Salı, Ocak 11, 2011

Durgun su.















Yaşamakla dolan zihnim, yazmakla boşalıyor. Küçük şeylerle mutlu olamıyorum ama aslında bu büyük bir şey, yani yazmak, kelimeleri örmek, sonra okurken sökmek için, kendi ipim, urganımla, harflere tutunmak, ta ki kopana kadar, yere yığılınca yeniden ucunu bulup, ayrıştırıp, başlamak.

Neyin doğru olduğunu bulmaya çalışmak, çok zaman alıyor artık. Koltuğa yığılan bedenim, günü, insanları ve olayları kendi kaderlerine ve seçimlerine bırakıyor. Kurallar, hedefler, kazanılacak başarılar, tırmanırken basılacak omuzlar, kanayan yaradan beslenecek dimağlar, pek çoğunun sabah uyanma sebebi olmakta.

Birilerini de mutlu edebilmek hafifletmiyor bu ağırlıkların altında doğrulmaya çalışırken. Sıralanan sorularla boğuşmaktansa nötr bir siluete dönüşmeyi tercih ediyor insan ve bu ruh hali gittikçe içine yerleşiyor, hissiyat azalıyor, kendi kendine işlemeye dewam ediyor ki, sen o musun, kendin hangisiydin, ayırt etmek zorlaşıyor.

Yaşam dolduruyor, doyuruyor, ancak açlık bitmiyor. Değişen yenilenen hücreler, sürekli beslenmek istiyor ve çeşitlenen ihtiyaçlar yüzünden, doymak imkansızlaşıyor, yeteri kadar ölçüler sapıyor, insan dili dışarıda yola düşmüş bir kurttan da daha acizleşebiliyor.

Bir şeyi gerçekten istediğim anı hissettiğim zaman dilimine bayılıyorum diğer taraftan.

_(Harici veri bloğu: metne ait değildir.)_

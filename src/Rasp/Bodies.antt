-- ===== src/Rasp/Bodies.antt =====
-- What is read of the bodies of messages that are received.
use jklibs.Common.{
  ℕ, zero, suc, ◌+◌, ◌^◌, ◌*◌, ◌≤◌, ◌<◌, ◌≡◌, ◌≢◌, refl, Bool, true, false, List, [], ◌∷◌, Option,
  none, some, arith, leb, if◌then◌else◌, length, take, length-append, Bool-cases, inl, inr, subst,
}
use jklibs.Common.Int.{ℤ, pos, negsuc, ltb_ℤ}
use jklibs.Common.Decimal.{print_nat, length-print}
use jklibs.Common.Outcome.{Outcome, done, err, fault, ◌>>=◌}
use jklibs.Common.Text.{codes}
use jklibs.Rasp.Names.{json_name, m_result_code, m_ccmd, m_source}
use jklibs.Rasp.Commands.{
  Handle, device_info, common_result, bind_lists_result, generate_handle, generate_number,
}
use jklibs.Rasp.Header.{Header}
use jklibs.Rasp.Document.{Sections}
use jklibs.Rasp.Body.{Body, Rasp, ConnectItemInfo, no_item}
use jklibs.Rasp.Process.{
  process_common_result, process_deviceinfo, process_bindlists_result, in_result, out_result,
  bind_items, bind_fields, bind_entry, bind_entries, device_fields, text_of, index_name, with_lists,
  with_device,
}
use jklibs.Rasp.Receive.{
  body_ret, process_with, in_operation, read_cmd, read_source, parse_msgbody, after_header,
  parse_loaded, parse_data,
}

-- No error code is returned.
abbrev NoErr {ℓ} : {A : Type ℓ} → Outcome A → Type 0
NoErr (done a) = Unit
NoErr (err n) = ⊥
NoErr fault = Unit

NoErr-bind {ℓ κ} :
    {A : Type ℓ} {B : Type κ} (f : A → Outcome B) (r : Outcome A)
    → NoErr r
    → ((a : A) → NoErr (f a))
    → NoErr (r >>= f)
NoErr-bind f (done a) h k = k a
NoErr-bind f (err n) h k = h
NoErr-bind f fault h k = tt

NoErr-two {ℓ κ} :
    {A : Type ℓ} {B : Type κ} (f : A → A → B) (r s : Outcome A)
    → NoErr r
    → NoErr s
    → NoErr (r >>= λ a. s >>= λ b. done (f a b))
NoErr-two f (done a) (done b) h k = tt
NoErr-two f (done a) (err n) h k = k
NoErr-two f (done a) fault h k = tt
NoErr-two f (err n) s h k = h
NoErr-two f fault s h k = tt

text_of-NoErr : (n : ℕ) (o : Option (List ℕ)) → NoErr (text_of n o)
text_of-NoErr n none = tt
text_of-NoErr n (some s) = tt

module _ {ℓ} (md5_text : List ℕ → List ℕ) (time_string : ℤ → List ℕ) (same : List ℕ → List ℕ → Bool)
    (grants : ℕ → Bool) {S : Type ℓ} (j : Sections S) where
  -- The entries of the bind lists from the `i`-th on.
  abbrev pub items : (ℕ → List ℕ) → (ℕ → List ℕ) → ℕ → ℕ → List ConnectItemInfo
  items device router zero i = []
  items device router (suc n) i =
      record no_item { device_mac = take 63 (device i); router_mac = take 63 (router i) }
      ∷ items device router n (i + 1)

  -- The document has the two addresses of every entry below `n`.
  abbrev pub HasEntries : S → (ℕ → List ℕ) → (ℕ → List ℕ) → ℕ → Type 0
  HasEntries d device router n =
      (i : ℕ)
      → i < n
      → (j.string d (index_name i (codes "].deviceMac")) ≡ some (device i))
        × (j.string d (index_name i (codes "].routerMac")) ≡ some (router i))

  entry_name : (i : ℕ) → i < 10 ^ 9 → length (index_name i (codes "].deviceMac")) < 32
  entry_name i h =
      omega (arith, length-print 8 i h, length-append (print_nat i) (codes "].deviceMac"))

  bind_entries-items :
      (d : S) (device router : ℕ → List ℕ) (m n i : ℕ)
      → HasEntries d device router m
      → i + n ≡ m
      → m ≤ 10 ^ 9
      → bind_entries j same grants d n i ≡ done (items device router n i)
  unfolding bind_entries
  bind_entries-items d device router m zero i has e h = refl
  bind_entries-items d device router m (suc n) i has e h =
      let fits : leb 32 (length (index_name i (codes "].deviceMac"))) ≡ false =
        let k = entry_name i (omega arith) in ground arith in
      let (dev, rout) = has i (omega arith) in
      let rest = bind_entries-items d device router m n (i + 1) has (omega arith) h in
      rw (fits, dev, rout, rest) refl

  -- The section of the bind lists.
  abbrev pub in_lists : S → S
  in_lists d = j.push (in_result j same grants d) (codes ".resultData")

  -- The entries of a success are read in their order, with the first 63 bytes of each address, if
  -- the document has an address for each, the memory is granted and there are at most 10 ^ 9.
  pub process_bindlists-items :
      (d : S) (rb : Body) (code : List ℕ) (device router : ℕ → List ℕ) (n : ℕ)
      → j.string (in_result j same grants d) (json_name m_result_code) ≡ some code
      → same (take 31 code) (codes "SUCCESS") ≡ true
      → j.count (in_lists d) (codes ".bindLists") ≡ pos (suc n)
      → suc n ≤ 10 ^ 9
      → grants (suc n * 448) ≡ true
      → HasEntries (in_lists d) device router (suc n)
      → process_bindlists_result j same grants d rb
        ≡ done (
          out_result j same grants (in_lists d),
          with_lists
              (record rb { number = 7; result_code = take 31 code })
              (pos (suc n))
              (some (items device router (suc n) 0)),
          pos 0,
        )
  unfolding process_bindlists_result
  process_bindlists-items d rb code device router n coded success counted few g has =
      let read =
        bind_entries-items (in_lists d) device router (suc n) (suc n) 0 has (omega arith) few in
      rw (coded, success, counted, g, read) refl

  entry-NoErr : (d : S) (i : ℕ) → NoErr (bind_entry j same grants d i)
  entry-NoErr d i = elim (Bool-cases (leb 32 (length (index_name i (codes "].deviceMac"))))) [
    | inl e ↦ rw e tt
    | inr e ↦ rw e (
        NoErr-two (λ dev rout. record no_item { device_mac = dev; router_mac = rout })
          (text_of 63 (j.string d (index_name i (codes "].deviceMac"))))
          (text_of 63 (j.string d (index_name i (codes "].routerMac")))) (text_of-NoErr 63 _)
          (text_of-NoErr 63 _))
  ]

  entries-NoErr : (d : S) (n i : ℕ) → NoErr (bind_entries j same grants d n i)
  unfolding bind_entries
  entries-NoErr d zero i = tt
  entries-NoErr d (suc n) i =
      NoErr-bind (λ ii. bind_entries j same grants d n (i + 1) >>= λ rest. done (ii ∷ rest))
        (bind_entry j same grants d i) (entry-NoErr d i)
        (λ ii.
          NoErr-bind (λ rest. done (ii ∷ rest)) (bind_entries j same grants d n (i + 1))
            (entries-NoErr d n (i + 1)) (λ rest. tt))

  items-NoErr : (d : S) (n : ℤ) (rb : Body) → NoErr (bind_items j same grants d n rb)
  items-NoErr d (pos zero) rb = tt
  items-NoErr d (pos (suc n)) rb = elim (Bool-cases (grants (suc n * 448))) [
    | inl e ↦ rw e (
        NoErr-bind (λ cii. done (with_lists rb (pos (suc n)) (some cii), pos 0))
          (bind_entries j same grants d (suc n) 0) (entries-NoErr d (suc n) 0) (λ cii. tt))
    | inr e ↦ rw e tt
  ]
  items-NoErr d (negsuc n) rb = tt

  fields-NoErr :
      (d : S) (rb : Body) (o : Option (List ℕ)) → NoErr (bind_fields j same grants d rb o)
  fields-NoErr d rb none = tt
  fields-NoErr d rb (some s) = elim (Bool-cases (same (take 31 s) (codes "SUCCESS"))) [
    | inl e ↦ rw e (
        NoErr-bind (λ r. done (j.push d (codes ".resultData"), r.0, r.1))
          (bind_items j same grants _ _ _)
          (items-NoErr (j.push d (codes ".resultData"))
            (j.count (j.push d (codes ".resultData")) (codes ".bindLists")) _)
          (λ r. tt))
    | inr e ↦ rw e tt
  ]

  device-NoErr : (d : S) (rb : Body) → NoErr (process_deviceinfo j same grants d rb)
  unfolding process_deviceinfo
  device-NoErr d rb =
      let params = j.push d (codes ".MsgBody[0].PARAMS") in
      let info = j.push params (codes ".deviceInfo") in
      elim (Bool-cases (j.push_fails params (codes ".deviceInfo"))) [
        | inl e ↦ rw e tt
        | inr e ↦ rw e (
            NoErr-bind (λ rb. done (j.pop (j.pop info), rb, pos 0))
              (device_fields j same grants info rb)
              (NoErr-two (λ name addr. with_device rb name addr)
                (text_of 255 (j.string info (codes ".name")))
                (text_of 63 (j.string info (codes ".addr"))) (text_of-NoErr 255 _)
                (text_of-NoErr 63 _))
              (λ rb. tt))
      ]

  process_with-NoErr :
      (o : Option Handle) (d : S) (rb : Body)
      → NoErr (process_with md5_text time_string same grants j o d rb)
  process_with-NoErr none d rb = tt
  process_with-NoErr (some device_info) d rb = device-NoErr d rb
  process_with-NoErr (some common_result) d rb = unfold process_common_result in tt
  process_with-NoErr (some bind_lists_result) d rb =
      unfold process_bindlists_result in
      (let inner = in_result j same grants d in
        let o = j.string inner (json_name m_result_code) in
        NoErr-bind (λ r. done (out_result j same grants (r.0), r.1, r.2))
          (bind_fields j same grants inner rb o) (fields-NoErr inner rb o) (λ r. tt))

  -- The routine returns 0, or leaves what C defines.
  abbrev Zero : Outcome (Rasp S × ℤ) → Type 0
  Zero (done r) = r.1 ≡ pos 0
  Zero (err n) = ⊥
  Zero fault = Unit

  abbrev returned : Header → S × Body × ℤ → Outcome (Rasp S × ℤ)
  returned h r = done (
    record { header = h; body = r.1; json = r.0 },
    body_ret md5_text time_string same grants j (pos 0) (r.2),
  )

  if_pos_0 : (b : Bool) → (if b then pos 0 else pos 0) ≡ pos 0
  if_pos_0 true = refl
  if_pos_0 false = refl

  returned-Zero : (h : Header) (r : Outcome (S × Body × ℤ)) → NoErr r → Zero (r >>= returned h)
  returned-Zero h (done r) k = if_pos_0 (ltb_ℤ (r.2) (pos 0))
  returned-Zero h (err n) k = k
  returned-Zero h fault k = tt

  parse_msgbody-Zero :
      (rasp : Rasp S) → Zero (parse_msgbody md5_text time_string same grants j rasp)
  unfolding parse_msgbody
  parse_msgbody-Zero rasp =
      let d = in_operation md5_text time_string same grants j rasp.json in
      let h =
        read_cmd md5_text time_string same grants j (j.string d (json_name m_ccmd)) rasp.header in
      let h = read_source md5_text time_string same grants j (j.string d (json_name m_source)) h in
      let num = generate_number h.cmd_number h.subcmd_number in
      let rb : Body = record rasp.body { number = num } in
      let out = j.pop (j.pop d) in
      returned-Zero h (process_with md5_text time_string same grants j (generate_handle num) out rb)
        (process_with-NoErr (generate_handle num) out rb)

  not_six :
      (r : Outcome (Rasp S × ℤ))
      → Zero r
      → (r >>= λ r. if ltb_ℤ (r.1) (pos 0) then err 6 else done (r.0)) ≢ err 6
  not_six (done r) k e =
      let accepted : Outcome.done (r.0) ≡ err 6 =
        subst (λ n. (if ltb_ℤ n (pos 0) then err 6 else done (r.0)) ≡ err 6) k e in
      ground (arith, accepted)
  not_six (err n) k e = k
  not_six fault k e = ground arith

  six_header :
      (rasp : Rasp S) (ret : Outcome (Unit {0}))
      → after_header md5_text time_string same grants j rasp ret ≢ err 6
  six_header rasp (done t) e =
      not_six (parse_msgbody md5_text time_string same grants j rasp) (parse_msgbody-Zero rasp) e
  six_header rasp (err n) e = ground arith
  six_header rasp fault e = ground arith

  six_loaded :
      (rasp : Rasp S) (o : Option S)
      → parse_loaded md5_text time_string same grants j rasp o ≢ err 6
  six_loaded rasp none e = ground arith
  six_loaded rasp (some d) e = six_header _ _ e

  -- A body that is not valid is never reported: kf_rasp_parse_data does not return -6.
  pub parse_data-never_six :
      (rasp : Rasp S) (bytes : List ℕ)
      → parse_data md5_text time_string same grants j rasp bytes ≢ err 6
  unfolding parse_data
  parse_data-never_six rasp bytes = six_loaded rasp (j.load rasp.json bytes)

Benim için o anda gerçek göğe yükseliyor, kıyımdan köşemden yükselen sesler susuyor, kırbaçlar şaklıyor, yağmur sele dönüşüyor, davullar kıyasıya gümbürdüyor hatta. Emin olmak, inanmak, kendin olduğun, huzurlu olduğun düşüncesini yüreğine perçinliyor, göze alabilmek kelimesi anlamını yitirirken, gözden çıkarılacak pek çok değer, anlamını yeniden kazanıyor.

Yol, bitmek bilmiyor.

...

1 Comments:

Blogger Bâd-ı Sabâ said...

Yol bitmek bilmiyor derken konuyu çok güzel bağlamışsınız her cümlesi eli öpülesi.